U.S. Gas Drillers Saddle Up for Data Center-Fueled Demand Ride : US Pioneer Global VC DIFCHQ SFO Singapore – Riyadh Swiss Our Mind

  • U.S. natural gas producers anticipate higher demand and prices driven by growing LNG exports and the rapid expansion of data centers.’
  • While natural gas producers plan to increase output to meet rising demand, they aim to avoid overproduction.
  • Drillers are learning lessons from a history of unrestrained drilling in shale plays like the Permian and Haynesville.

U.S. natural gas producers are preparing for stronger demand and higher prices for their product as data center proliferation accelerates further and years of depressed gas prices become a thing of the past. They are not letting it all happen by itself either-gas executives are in talks with data center developers to build them where the gas is.

“Expectation of a step change in power demand has created opportunities for increasing dialogue around the potential for power generation and data projects within the Permian Basin,” the co-chief executive of Permian Resources said recently, as quoted by Reuters.

Also recently, Black & Veatch, the EPC and construction major, wrote that natural gas was just about the optimal power option for data centers, which made it quite appealing for data center developers.

“Enterprises eager to make an environmental impact through greener strategies and energy innovation that lessen their carbon footprints get reliable, accessible and cleaner power from natural gas,” Black & Veatch wrote. “Natural gas supply and delivery are extremely reliable, given that pipelines typically are below ground and protected from nature’s elements. Natural gas also is cheaper than diesel, and widely available generators now can meet the industry standard of a 10-second startup time for emergency power.”

Related: High Energy Costs Continue to Plague European Industry

In anticipation of more demand, gas producers are already preparing to boost production-after they just cut it for the first time in four years this year. The Energy Information Administration said in its latest Short-Term Energy Report that it expected natural gas production in 2025 to inch up to 114 billion cu ft daily from 113 billion cu ft daily this year, or 1%, led by a 6% increase in output in the Permian. This happens to be where gas executives are trying to convince data center developers to build their new facilities.

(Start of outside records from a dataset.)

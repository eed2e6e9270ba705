-- ===== src/Emission/Posting.antt =====
-- The poller with the adapter to the marking system (`sendToMpt` of apps/api/src/outbox-poller.ts,
-- `createOrder` of apps/api/src/http-mpt.adapter.ts).
use mark_solutions.Base.{
  ℕ, ◌+◌, ◌≤◌, ◌≡◌, refl, ◌∙◌, inl, inr, Bool, true, false, not, Option, none, some, List,
  if◌then◌else◌, Bool-cases, find, find_sound, find-append, find-update_where, update_where, Text,
  is_empty,
}
use mark_solutions.Store.{OutboxStatus, processed, Order, Outbox, Db}
use mark_solutions.Orders.{has_order_id, is_pending, insert_outbox}
use mark_solutions.Emission.{
  Reply, refused, unknown, confirmed, has_row_id, set_row_status, mark_unknown, was_cancelled,
  count_attempt, quantity_sent, order_to_send, order_of_row, after_reply, post_order, send_row,
  send_to_mpt,
}
use mark_solutions.Mpt.{
  Config, Response, Line, permanent, unknown_result, network, temporary, invalid, raw, broken_off,
  out_of_rounds, Outcome, returned, thrown,
}
use mark_solutions.Mpt.Values.{Json}
use mark_solutions.Mpt.Messages.{MptOrderInput}
use mark_solutions.Mpt.Answers.{MptOrderResult}
use mark_solutions.Mpt.Calls.{create_order}
use mark_solutions.Mpt.Tally.{accepted, doubtful, one_if}
use mark_solutions.Mpt.Failing.{is_permanent, create_order-Honest}

-- The order as it is posted; `name` prints an identifier.
abbrev pub input_of : (ℕ → Text) → Order → ℕ → MptOrderInput
input_of name o quantity = record {
  order_id = name o.id;
  gtin = o.gtin;
  quantity = quantity;
  is_paid = o.is_paid;
  product_group = if is_empty o.product_group then none else some o.product_group;
  business_place_id = o.business_place_id;
  release_method_type = if is_empty o.release_method_type then none else some o.release_method_type;
}

-- What `createOrder` gives to the poller: it asks an exception for `permanent` only.
abbrev pub reply_of : (Text → ℕ) → Outcome MptOrderResult → Reply
reply_of number (returned r) =
    confirmed (elim r.order_id [ none ↦ none | some t ↦ some (number t) ])
reply_of number (thrown (permanent s p)) = refused
reply_of number (thrown _) = unknown

abbrev pub is_failed : OutboxStatus → Bool
is_failed OutboxStatus.failed = true
is_failed _ = false

abbrev is_refused : Reply → Bool
is_refused refused = true
is_refused _ = false

-- The row of a message, and whether it has failed.
abbrev pub HasRow : ℕ → Bool → Db → Type 0
HasRow id failed db =
    (row : Outbox) × (find (has_row_id id) db.outbox ≡ some row) × (is_failed row.status ≡ failed)

row-updated :
    (id : ℕ) (f : Outbox → Outbox) (rows : List Outbox) (row : Outbox)
    → ((x : Outbox) → has_row_id id (f x) ≡ has_row_id id x)
    → find (has_row_id id) rows ≡ some row
    → find (has_row_id id) (update_where (has_row_id id) f rows) ≡ some (f row)
row-updated id f rows row keep found =
    find-update_where (has_row_id id) (has_row_id id) f rows keep
    ∙ rw (found, find_sound (has_row_id id) rows found) refl

after_reply-HasRow :
    (now id : ℕ) (o : Order) (reply : Reply) (db : Db) (row : Outbox)
    → find (has_row_id id) db.outbox ≡ some row
    → HasRow id (is_refused reply) (after_reply now id o reply db).1
unfolding after_reply insert_outbox
after_reply-HasRow now id o refused db row found = (
  set_row_status OutboxStatus.failed row,
  find-append (has_row_id id) _ _
      ∙ rw (row-updated id (set_row_status OutboxStatus.failed) db.outbox row (λ x. refl) found)
          refl,
  refl,
)
after_reply-HasRow now id o unknown db row found =
    (mark_unknown row, row-updated id mark_unknown db.outbox row (λ x. refl) found, refl)
after_reply-HasRow now id o (confirmed external) db row found =
    let kept = row-updated id (set_row_status processed) db.outbox row (λ x. refl) found in
    elim (Bool-cases (was_cancelled (find (has_order_id o.id) db.orders))) [
      | inl gone ↦ rw gone (set_row_status processed row, kept, refl)
      | inr live ↦ rw live (set_row_status processed row, kept, refl)
    ]

is_refused-reply_of :
    (number : Text → ℕ) (out : Outcome MptOrderResult)
    → is_refused (reply_of number out) ≡ is_permanent out
is_refused-reply_of number (returned r) = refl
is_refused-reply_of number (thrown (permanent s p)) = refl
is_refused-reply_of number (thrown (unknown_result p)) = refl
is_refused-reply_of number (thrown (network p)) = refl
is_refused-reply_of number (thrown (temporary s p)) = refl
is_refused-reply_of number (thrown invalid) = refl
is_refused-reply_of number (thrown raw) = refl
is_refused-reply_of number (thrown broken_off) = refl
is_refused-reply_of number (thrown out_of_rounds) = refl

-- The tables once the attempt is counted, which is written before the order is posted.
abbrev pub counted : ℕ → Db → Db
counted id db = record db { outbox = update_where (has_row_id id) count_attempt db.outbox }

-- The adapter as the poller calls it: `meanwhile` is what other processes commit before its answer,
-- which may depend on all that the marking system was asked.
abbrev pub posting :
    Config
    → (ℕ → Option Response)
    → (Text → Text)
    → (Json → Text)
    → (Text → ℕ)
    → (ℕ → Text)
    → (Line → Db → Db)
    → Line
    → Order
    → ℕ
    → Db
    → Reply × Db
posting c replies encode_uri_component base64_json number name meanwhile l o quantity db =
    let (out, l') =
      create_order c replies encode_uri_component base64_json (input_of name o quantity) l in
    (reply_of number out, meanwhile l' db)

send_row-once :
    (now id : ℕ) (post : Order → ℕ → Db → Reply × Db) (row : Outbox) (o : Order) (db : Db)
    → order_to_send (order_of_row row db) ≡ some o
    → send_row now post id row db ≡ (
        let (reply, db') = post o (quantity_sent row) (counted id db) in
        after_reply now id o reply db')
unfolding send_row post_order
send_row-once now id post row o db live = rw live refl

-- With the adapter as the marking system, a pending message of an order that is not cancelled is posted
-- exactly once, with the order's data and the quantity of the message: whatever other processes commit
-- meanwhile, in dependence on all that the marking system was asked, is committed once, between the
-- count of the attempt and the writing of the outcome. If they leave the message alone, it fails exactly
-- when the adapter's failure is permanent. Then the number of requests that were accepted or left in
-- doubt has not grown by the posting, and otherwise it has grown by one at most.
pub send_to_mpt-create_order :
    (c : Config) (replies : ℕ → Option Response) (encode_uri_component : Text → Text)
    (base64_json : Json → Text) (number : Text → ℕ) (name : ℕ → Text) (meanwhile : Line → Db → Db)
    (now id : ℕ) (l : Line) (row : Outbox) (o : Order) (db : Db)
    → find (has_row_id id) db.outbox ≡ some row
    → is_pending row.status ≡ true
    → order_to_send (order_of_row row db) ≡ some o
    → ((l' : Line)
        → find (has_row_id id) (meanwhile l' (counted id db)).outbox ≡ some (count_attempt row))
    → let (out, l') =
        create_order c replies encode_uri_component base64_json
          (input_of name o (quantity_sent row))
          l in
      let sent =
        send_to_mpt now
          (posting c replies encode_uri_component base64_json number name meanwhile l)
          id
          db in
      (sent ≡ after_reply now id o (reply_of number out) (meanwhile l' (counted id db)))
      × HasRow id (is_permanent out) sent.1
      × (accepted l'.log + doubtful l'.log
          ≤ accepted l.log + doubtful l.log + one_if (not (is_permanent out)))
unfolding send_to_mpt
send_to_mpt-create_order c replies encode base64 number name meanwhile now id l row o db found waits
      live kept =
    let r = create_order c replies encode base64 (input_of name o (quantity_sent row)) l in
    let once =
      send_row-once now id (posting c replies encode base64 number name meanwhile l) row o db
        live in
    (
      rw (found, waits, once) refl,
      rw (found, waits, once, ← is_refused-reply_of number r.0)
          (after_reply-HasRow now id o (reply_of number r.0) (meanwhile r.1 (counted id db))
            (count_attempt row) (kept r.1)),
      (create_order-Honest c replies encode base64 (input_of name o (quantity_sent row)) l).1,
    )
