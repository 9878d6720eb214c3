-- ===== src/Client.antt =====
-- src/client/cluster_client.cpp: the queue of the client's operations. An operation waits while an
-- earlier one that it may not overtake is in the queue. `none` is a failed assertion.
pub mod Counts
pub mod Erasure
pub mod Arrival
pub mod Drain
pub mod Slices
pub mod Stripes
pub mod Pieces
pub mod Trimming
pub mod Coverage
pub mod Affected
use vitastor.Base.{
  ℕ, zero, suc, ◌+◌, bit_and, Bool, true, false, not, ◌&&◌, ◌||◌, List, [], ◌∷◌, ◌++◌, Option, none,
  some, ◌==◌, ◌!=◌, if◌then◌else◌, ◌>>=◌,
}

-- `OSD_OP_WRITE`, `OSD_OP_SYNC`, `OSD_OP_DELETE`
abbrev pub osd_op_write : ℕ
osd_op_write = 12

abbrev pub osd_op_sync : ℕ
osd_op_sync = 13

abbrev pub osd_op_delete : ℕ
osd_op_delete = 14

-- `cluster_op_t`, as far as the queue reads it. The name stands for its address.
pub record ClientOp : Type 0 where
  pub name : ℕ
  pub opcode : ℕ
  pub flags : ℕ
  pub prev_wait : ℕ

-- `flags & OP_FLUSH_BUFFER`
unfoldable pub is_flush : ℕ → Bool
is_flush flags = bit_and flags 2 != 0

-- `!(flags & OP_IMMEDIATE_COMMIT) || enable_writeback`
unfoldable pub is_tracked : Bool → ℕ → Bool
is_tracked enable_writeback flags = bit_and flags 4 == 0 || enable_writeback

-- `opcode == OSD_OP_WRITE || opcode == OSD_OP_DELETE`
abbrev pub is_write : ℕ → Bool
is_write opcode = opcode == osd_op_write || opcode == osd_op_delete

-- The tests of the loops of `calc_wait`: whether an operation waits for an earlier one.
unfoldable pub waits_for : Bool → ClientOp → ClientOp → Bool
waits_for enable_writeback op prev =
    if is_write op.opcode
    then prev.opcode == osd_op_sync
      || is_write prev.opcode && not (is_flush op.flags) && is_flush prev.flags
    else if op.opcode == osd_op_sync
    then prev.opcode == osd_op_sync
      || is_write prev.opcode && is_tracked enable_writeback prev.flags
    else false

-- The loops of `calc_wait`, from the nearest earlier operation to the first one.
unfoldable pub count_waits : Bool → ClientOp → List ClientOp → ℕ
count_waits enable_writeback op [] = 0
count_waits enable_writeback op (prev ∷ before) =
    (if waits_for enable_writeback op prev then 1 else 0) + count_waits enable_writeback op before

-- `calc_wait`: the operation, and whether it is continued.
unfoldable pub calc_wait : Bool → List ClientOp → ClientOp → ClientOp × Bool
calc_wait enable_writeback before op =
    let n = count_waits enable_writeback op before in (record op { prev_wait = n }, n == 0)

-- The test of the loop of `inc_wait`, for an operation behind the one that comes or leaves.
unfoldable pub is_affected : Bool → ℕ → ℕ → ClientOp → Bool
is_affected enable_writeback opcode flags next =
    if is_write opcode
    then next.opcode == osd_op_sync && is_tracked enable_writeback flags
      || is_write next.opcode && is_flush flags && not (is_flush next.flags)
    else next.opcode == osd_op_sync || is_write next.opcode

-- The third argument of `inc_wait`
pub data Increment : Type 0 where
  up : Increment
  down : Increment

abbrev pub add_wait : Increment → ℕ → Option ℕ
add_wait up n = some (n + 1)
add_wait down zero = none
add_wait down (suc n) = some n

-- One round of the loop: the operation, and the operations to continue.
unfoldable pub inc_one : Bool → ℕ → ℕ → Increment → ClientOp → Option (ClientOp × List ClientOp)
inc_one enable_writeback opcode flags inc next =
    if is_affected enable_writeback opcode flags next
    then (add_wait inc next.prev_wait >>= λ n.
        let op = record next { prev_wait = n } in some (op, if n == 0 then op ∷ [] else []))
    else some (next, [])

-- The loop of `inc_wait`
unfoldable pub inc_rest :
    Bool → ℕ → ℕ → Increment → List ClientOp → Option (List ClientOp × List ClientOp)
inc_rest enable_writeback opcode flags inc [] = some ([], [])
inc_rest enable_writeback opcode flags inc (next ∷ rest) =
    inc_one enable_writeback opcode flags inc next >>= λ one.
    inc_rest enable_writeback opcode flags inc rest >>= λ others.
    some (one.0 ∷ others.0, one.1 ++ others.1)

-- `inc_wait`: the operations behind, and those to continue.
unfoldable pub inc_wait :
    Bool → ℕ → ℕ → Increment → List ClientOp → Option (List ClientOp × List ClientOp)
inc_wait enable_writeback opcode flags inc next =
    if not (is_write opcode) && opcode != osd_op_sync
    then some (next, [])
    else inc_rest enable_writeback opcode flags inc next

-- `unshift_op`
unfoldable pub unshift_op : Bool → ClientOp → List ClientOp → Option (List ClientOp × List ClientOp)
unshift_op enable_writeback op queue =
    inc_wait enable_writeback op.opcode op.flags up queue >>= λ r. some (op ∷ r.0, r.1)

-- The end of `execute_internal`. The earlier operations are listed from the last one back.
unfoldable pub enqueue : Bool → List ClientOp → ClientOp → ClientOp × Bool
enqueue enable_writeback before op =
    if is_tracked enable_writeback op.flags
    then calc_wait enable_writeback before op
    else (op, true)

-- `erase_op` of the operation at a place in the queue, without the callbacks. Beyond the end there is
-- no operation.
unfoldable pub erase_op : Bool → ℕ → List ClientOp → Option (List ClientOp × List ClientOp)
erase_op enable_writeback n [] = none
erase_op enable_writeback zero (op ∷ next) =
    if is_tracked enable_writeback op.flags
    then inc_wait enable_writeback op.opcode op.flags down next
    else some (next, [])
erase_op enable_writeback (suc n) (op ∷ next) =
    erase_op enable_writeback n next >>= λ r. some (op ∷ r.0, r.1)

“Rather than continuing to get low margins on our gas… we’re trying to figure out a way to be creative on ways to turn some of that natural gas into more value for our shareholders,” the chief executive of Diamondback Energy said, as quoted by Reuters last week.

There is more, however. Grid supply is not unlimited, even in Texas and New Mexico with their abundant natural gas supply, which means that a new mechanism of power supply may be applied for the needs of data center operators, again per the above Reuters report. It cited analysts as saying data centers, power utilities, and gas producers could negotiate some sort of a three-way agreement to secure the supply necessary for data centers’ needs.

What all this means is what many analysts have been forecasting: the AI race will be powered by natural gas, and not wind and solar. The reason is simple enough: natural gas supply is more reliable than the supply of weather-dependent energy sources. Interestingly, the EIA does not seem to care about AI electricity needs. In its latest STEO, it said it expected power generation next year to increase by 3%, “mostly to supply increased air-conditioning demand compared with last year, driven by hotter summer temperatures this year.”

There is always a chance that next summer will be less hot than this summer was, but with data centers, the trajectory of demand will continue higher-just like LNG export demand. “The combination of growing LNG exports, increased electrical generation demand, and the prospect of winter weather suggests a tighter supply-demand picture for natural gas in 2025 and beyond,” the chief executive of Coterra Energy said at the company’s third-quarter analyst call, as quoted by Reuters. And that picture suggests higher prices and higher output-but not too high.

Oil drillers found out the hard way why drilling at will was not wise and took a more disciplined approach to production. Natural gas drillers have also had to learn this lesson the hard way, even if it wasn’t them who drove the surplus supply situation but those shale oil drillers with their associated gas in the Permian. In any case, when the industry sees a stronger case for supply growth, it will not unleash all available supply. It will likely pace itself.

Enverus recently estimated the remaining reserve situation for one of the biggest gas-producing shale regions, Haynesville, and found that it depends on the demand. “We estimate the Haynesville has 12.5 years of sub-$3.00/Mcf inventory at last year’s turn-in-line (TIL) cadence,” Enverus analyst Jimmy McNamara said. “This drops to 10.5 years when modeling EIR’s 2026 TIL cadence that increases Haynesville supply by 2.0 Bcf/d to match incoming LNG demand.”

Some companies have better inventory than others and would be able to produce cheap gas for longer, but all in all, the price rise seems inevitable when factoring in both the rise in LNG demand, especially in Europe, and the demand surge expected from the tech industry for its data centers. And so does the production increase, cementing the position of natural gas as the optimal power generation fuel.